## What is expected
From first line to last, give the material again unchanged.

## The data
-- ===== src/Emulator/Stack/Laws.antt =====
-- `stack_push` and `stack_pop` of src/tools/hyppotest.c, one after the other.
use mega65_core.Prelude.{ℕ, ◌<◌, ◌≡◌, refl, ap, ◌∙◌, true, false, arith, byte}
use mega65_core.Emulator.State.{Regs, Bus, Machine, sp}
use mega65_core.Emulator.Memory.{
  DmaController, cell_of, read_memory28, read_memory, memory_blame, write_mem28, write_mem16,
  write_cell,
}
use mega65_core.Emulator.Memory.Access.{
  IsPlain, IsFlat, flat_address, addr_to_28bit_flat, write_cell_self,
}
use mega65_core.Emulator.Stack.{
  move_up, move_down, write_top, read_top, blame_top, note_pop, stack_pop_ext, stack_pop,
  stack_push,
}

-- The registers of the stack are bytes, and it lies where reads and writes meet in a cell that only
-- stores.
pub record StackReady (m : Machine) (v : ℕ) : Type 0 where
  pub spl_fits : m.regs.spl < 256
  pub sph_fits : m.regs.sph < 256
  pub flat : IsFlat m.regs (sp m.regs)
  pub plain : IsPlain (cell_of (flat_address m.regs (sp m.regs))) (byte v)

move_up-move_down :
    (m : Machine)
    → m.regs.spl < 256
    → m.regs.sph < 256
    → ((move_up 1 (move_down m).1).1.regs ≡ m.regs) × ((move_up 1 (move_down m).1).1.bus ≡ m.bus)
unfolding move_up move_down sp
move_up-move_down m h k = ground arith

module _ ⦃dma : DmaController⦄ where
  -- What a push writes, where the stack is ready.
  write_top_flat :
      (v : ℕ) (m : Machine)
      → IsFlat m.regs (sp m.regs)
      → write_top v m
        ≡ (tt, record m { bus = write_cell (cell_of (flat_address m.regs (sp m.regs))) v m.bus })
  unfolding write_top write_mem16 write_mem28
  write_top_flat v m h = rw (addr_to_28bit_flat m.regs m.bus (sp m.regs) true h) refl

  pub stack_push_flat :
      (v : ℕ) (m : Machine)
      → IsFlat m.regs (sp m.regs)
      → stack_push v m
        ≡ move_down (record m {
          bus = write_cell (cell_of (flat_address m.regs (sp m.regs))) (byte v) m.bus;
        })
  unfolding stack_push
  stack_push_flat v m h = rw (write_top_flat (byte v) m h) refl

  read_top_flat :
      (m : Machine)
      → IsFlat m.regs (sp m.regs)
      → read_top m ≡ (read_memory28 m.bus (flat_address m.regs (sp m.regs)), m)
  unfolding read_top read_memory
  read_top_flat m h = rw (addr_to_28bit_flat m.regs m.bus (sp m.regs) false h) refl

  blame_top_flat : (m : Machine) → IsFlat m.regs (sp m.regs) → (blame_top m).1 ≡ m
  unfolding blame_top memory_blame
  blame_top_flat m h = rw (addr_to_28bit_flat m.regs m.bus (sp m.regs) false h) refl

  read_top_after :
      (m : Machine) (r : Regs) (s : Bus)
      → m.regs ≡ r
      → m.bus ≡ s
      → IsFlat r (sp r)
      → ((read_top m).0 ≡ read_memory28 s (flat_address r (sp r)))
        × ((read_top m).1.regs ≡ r)
        × ((read_top m).1.bus ≡ s)
  read_top_after m r s er es h =
      let flat : IsFlat m.regs (sp m.regs) = rw er h in
      rw (read_top_flat m flat) (rw (er, es) (refl, refl, refl))

  -- A pop where the stack pointer is already known after its move.
  pub stack_pop_after :
      (m : Machine) (r : Regs) (s : Bus)
      → (move_up 1 m).1.regs ≡ r
      → (move_up 1 m).1.bus ≡ s
      → IsFlat r (sp r)
      → ((stack_pop m).0 ≡ read_memory28 s (flat_address r (sp r)))
        × ((stack_pop m).1.regs ≡ r)
        × ((stack_pop m).1.bus ≡ s)
  unfolding stack_pop stack_pop_ext note_pop
  stack_pop_after m r s er es h =
      let moved = (move_up 1 m).1 in
      let flat : IsFlat moved.regs (sp moved.regs) = rw er h in
      let same : (blame_top moved).1 ≡ moved = blame_top_flat moved flat in
      read_top_after (note_pop (blame_top moved).0 (blame_top moved).1).1 r s
        (ap (λ (k : Machine). k.regs) same ∙ er) (ap (λ (k : Machine). k.bus) same ∙ es) h

  -- Where the stack lies in plain memory (`StackReady`), a pop after a push gives back the byte, and all registers are as before the push, the stack
  -- pointer too, whether FLAG_E holds the stack in one page or not. So is the memory, but for the
  -- cell that was pushed to.
  pub stack_pop-stack_push :
      (v : ℕ) (m : Machine)
      → StackReady m v
      → let pushed = (stack_push v m).1 in
        ((stack_pop pushed).0 ≡ byte v)
        × ((stack_pop pushed).1.regs ≡ m.regs)
        × ((stack_pop pushed).1.bus
            ≡ write_cell (cell_of (flat_address m.regs (sp m.regs))) (byte v) m.bus)
  unfolding stack_push
  stack_pop-stack_push v m ready =
      let here = flat_address m.regs (sp m.regs) in
      let s = write_cell (cell_of here) (byte v) m.bus in
      let m' = record m { bus = s } in
      let (regs', bus') = move_up-move_down m' ready.spl_fits ready.sph_fits in
      let (value, regs, bus) = stack_pop_after (move_down m').1 m.regs s regs' bus' ready.flat in
      rw (write_top_flat (byte v) m ready.flat) (
        value ∙ (unfold read_memory28 in write_cell_self (cell_of here) (byte v) m.bus ready.plain),
        regs,
        bus,
      )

## Finished task
-- ===== src/Emulator/Stack/Laws.antt =====
-- `stack_push` and `stack_pop` of src/tools/hyppotest.c, one after the other.
use mega65_core.Prelude.{ℕ, ◌<◌, ◌≡◌, refl, ap, ◌∙◌, true, false, arith, byte}
use mega65_core.Emulator.State.{Regs, Bus, Machine, sp}
use mega65_core.Emulator.Memory.{
  DmaController, cell_of, read_memory28, read_memory, memory_blame, write_mem28, write_mem16,
  write_cell,
}
use mega65_core.Emulator.Memory.Access.{
  IsPlain, IsFlat, flat_address, addr_to_28bit_flat, write_cell_self,
}
use mega65_core.Emulator.Stack.{
  move_up, move_down, write_top, read_top, blame_top, note_pop, stack_pop_ext, stack_pop,
  stack_push,
}

-- The registers of the stack are bytes, and it lies where reads and writes meet in a cell that only
-- stores.
pub record StackReady (m : Machine) (v : ℕ) : Type 0 where
  pub spl_fits : m.regs.spl < 256
  pub sph_fits : m.regs.sph < 256
  pub flat : IsFlat m.regs (sp m.regs)
  pub plain : IsPlain (cell_of (flat_address m.regs (sp m.regs))) (byte v)

move_up-move_down :
    (m : Machine)
    → m.regs.spl < 256
    → m.regs.sph < 256
    → ((move_up 1 (move_down m).1).1.regs ≡ m.regs) × ((move_up 1 (move_down m).1).1.bus ≡ m.bus)
unfolding move_up move_down sp
move_up-move_down m h k = ground arith

module _ ⦃dma : DmaController⦄ where
  -- What a push writes, where the stack is ready.
  write_top_flat :
      (v : ℕ) (m : Machine)
      → IsFlat m.regs (sp m.regs)
      → write_top v m
        ≡ (tt, record m { bus = write_cell (cell_of (flat_address m.regs (sp m.regs))) v m.bus })
  unfolding write_top write_mem16 write_mem28
  write_top_flat v m h = rw (addr_to_28bit_flat m.regs m.bus (sp m.regs) true h) refl

  pub stack_push_flat :
      (v : ℕ) (m : Machine)
      → IsFlat m.regs (sp m.regs)
      → stack_push v m
        ≡ move_down (record m {
          bus = write_cell (cell_of (flat_address m.regs (sp m.regs))) (byte v) m.bus;
        })
  unfolding stack_push
  stack_push_flat v m h = rw (write_top_flat (byte v) m h) refl

  read_top_flat :
      (m : Machine)
      → IsFlat m.regs (sp m.regs)
      → read_top m ≡ (read_memory28 m.bus (flat_address m.regs (sp m.regs)), m)
  unfolding read_top read_memory
  read_top_flat m h = rw (addr_to_28bit_flat m.regs m.bus (sp m.regs) false h) refl

  blame_top_flat : (m : Machine) → IsFlat m.regs (sp m.regs) → (blame_top m).1 ≡ m
  unfolding blame_top memory_blame
  blame_top_flat m h = rw (addr_to_28bit_flat m.regs m.bus (sp m.regs) false h) refl

  read_top_after :
      (m : Machine) (r : Regs) (s : Bus)
      → m.regs ≡ r
      → m.bus ≡ s
      → IsFlat r (sp r)
      → ((read_top m).0 ≡ read_memory28 s (flat_address r (sp r)))
        × ((read_top m).1.regs ≡ r)
        × ((read_top m).1.bus ≡ s)
  read_top_after m r s er es h =
      let flat : IsFlat m.regs (sp m.regs) = rw er h in
      rw (read_top_flat m flat) (rw (er, es) (refl, refl, refl))

  -- A pop where the stack pointer is already known after its move.
  pub stack_pop_after :
      (m : Machine) (r : Regs) (s : Bus)
      → (move_up 1 m).1.regs ≡ r
      → (move_up 1 m).1.bus ≡ s
      → IsFlat r (sp r)
      → ((stack_pop m).0 ≡ read_memory28 s (flat_address r (sp r)))
        × ((stack_pop m).1.regs ≡ r)
        × ((stack_pop m).1.bus ≡ s)
  unfolding stack_pop stack_pop_ext note_pop
  stack_pop_after m r s er es h =
      let moved = (move_up 1 m).1 in
      let flat : IsFlat moved.regs (sp moved.regs) = rw er h in
      let same : (blame_top moved).1 ≡ moved = blame_top_flat moved flat in
      read_top_after (note_pop (blame_top moved).0 (blame_top moved).1).1 r s
        (ap (λ (k : Machine). k.regs) same ∙ er) (ap (λ (k : Machine). k.bus) same ∙ es) h

  -- Where the stack lies in plain memory (`StackReady`), a pop after a push gives back the byte, and all registers are as before the push, the stack
  -- pointer too, whether FLAG_E holds the stack in one page or not. So is the memory, but for the
  -- cell that was pushed to.
  pub stack_pop-stack_push :
      (v : ℕ) (m : Machine)
      → StackReady m v
      → let pushed = (stack_push v m).1 in
        ((stack_pop pushed).0 ≡ byte v)
        × ((stack_pop pushed).1.regs ≡ m.regs)
        × ((stack_pop pushed).1.bus
            ≡ write_cell (cell_of (flat_address m.regs (sp m.regs))) (byte v) m.bus)
  unfolding stack_push
  stack_pop-stack_push v m ready =
      let here = flat_address m.regs (sp m.regs) in
      let s = write_cell (cell_of here) (byte v) m.bus in
      let m' = record m { bus = s } in
      let (regs', bus') = move_up-move_down m' ready.spl_fits ready.sph_fits in
      let (value, regs, bus) = stack_pop_after (move_down m').1 m.regs s regs' bus' ready.flat in
      rw (write_top_flat (byte v) m ready.flat) (
        value ∙ (unfold read_memory28 in write_cell_self (cell_of here) (byte v) m.bus ready.plain),
        regs,
        bus,
      )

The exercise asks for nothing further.